DESCRIPTION OF THE TASK: Whenever the word "TurnFailure" shows up in a line of the data, copy that line.

(RECORDS PROVIDED begins)

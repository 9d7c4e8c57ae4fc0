-- ===== src/Wire/Receipt.antt =====
-- crates/portcode-sync/src/wire.rs: turn status, changed files and receipts, private and public.
use portcode.Common.{ℕ, Bool, List, Option, Text, ℤ}

pub data TurnStatus : Type 0 where
  completed cancelled error interrupted : TurnStatus

pub record TurnFailure : Type 0 where
  pub code : Text
  pub message : Text
  pub provider : Option Text
  pub model : Option Text
  pub http_status : Option ℕ
  pub transcript_messages : Option ℕ
  pub transcript_bytes : Option ℕ

pub data TurnPhase : Type 0 where
  provider_started agent_completed : TurnPhase

pub data TurnChangeCertainty : Type 0 where
  exact observed ambiguous unavailable : TurnChangeCertainty

pub data TurnChangeState : Type 0 where
  not_applicable no_change changed unknown_change : TurnChangeState

pub data TurnFileStatus : Type 0 where
  added modified deleted renamed copied unmerged : TurnFileStatus

pub record TurnChangedFile : Type 0 where
  pub path : Text
  pub old_path : Option Text
  pub status : TurnFileStatus
  pub additions : Option ℕ
  pub deletions : Option ℕ
  pub binary : Bool
  pub certainty : TurnChangeCertainty

pub record TurnReceipt : Type 0 where
  pub turn_id : Text
  pub account_profile_id : Option Text
  pub status : TurnStatus
  pub failure : Option TurnFailure
  pub stop_reason : Option Text
  pub started_at : ℤ
  pub completed_at : ℤ
  pub duration_ms : Option ℕ
  pub agent_duration_ms : Option ℕ
  pub changed_files : List TurnChangedFile
  pub changed_file_count : ℕ
  pub additions : ℕ
  pub deletions : ℕ
  pub files_truncated : Bool
  pub change_state : Option TurnChangeState
  pub change_certainty : TurnChangeCertainty
  pub background_tasks_running : Bool

pub record PhoneTurnChangedFile : Type 0 where
  pub path : Text
  pub old_path : Option Text
  pub status : TurnFileStatus
  pub additions : Option ℕ
  pub deletions : Option ℕ
  pub binary : Bool
  pub certainty : TurnChangeCertainty

pub record PhoneTurnReceipt : Type 0 where
  pub turn_id : Text
  pub status : TurnStatus
  pub stop_reason : Option Text
  pub started_at : ℤ
  pub completed_at : ℤ
  pub duration_ms : Option ℕ
  pub changed_files : List PhoneTurnChangedFile
  pub changed_file_count : ℕ
  pub additions : ℕ
  pub deletions : ℕ
  pub files_truncated : Bool
  pub change_certainty : TurnChangeCertainty
  pub background_tasks_running : Bool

(RECORDS PROVIDED ends)

EXERCISE RESPONSE:
pub record TurnFailure : Type 0 where
  pub failure : Option TurnFailure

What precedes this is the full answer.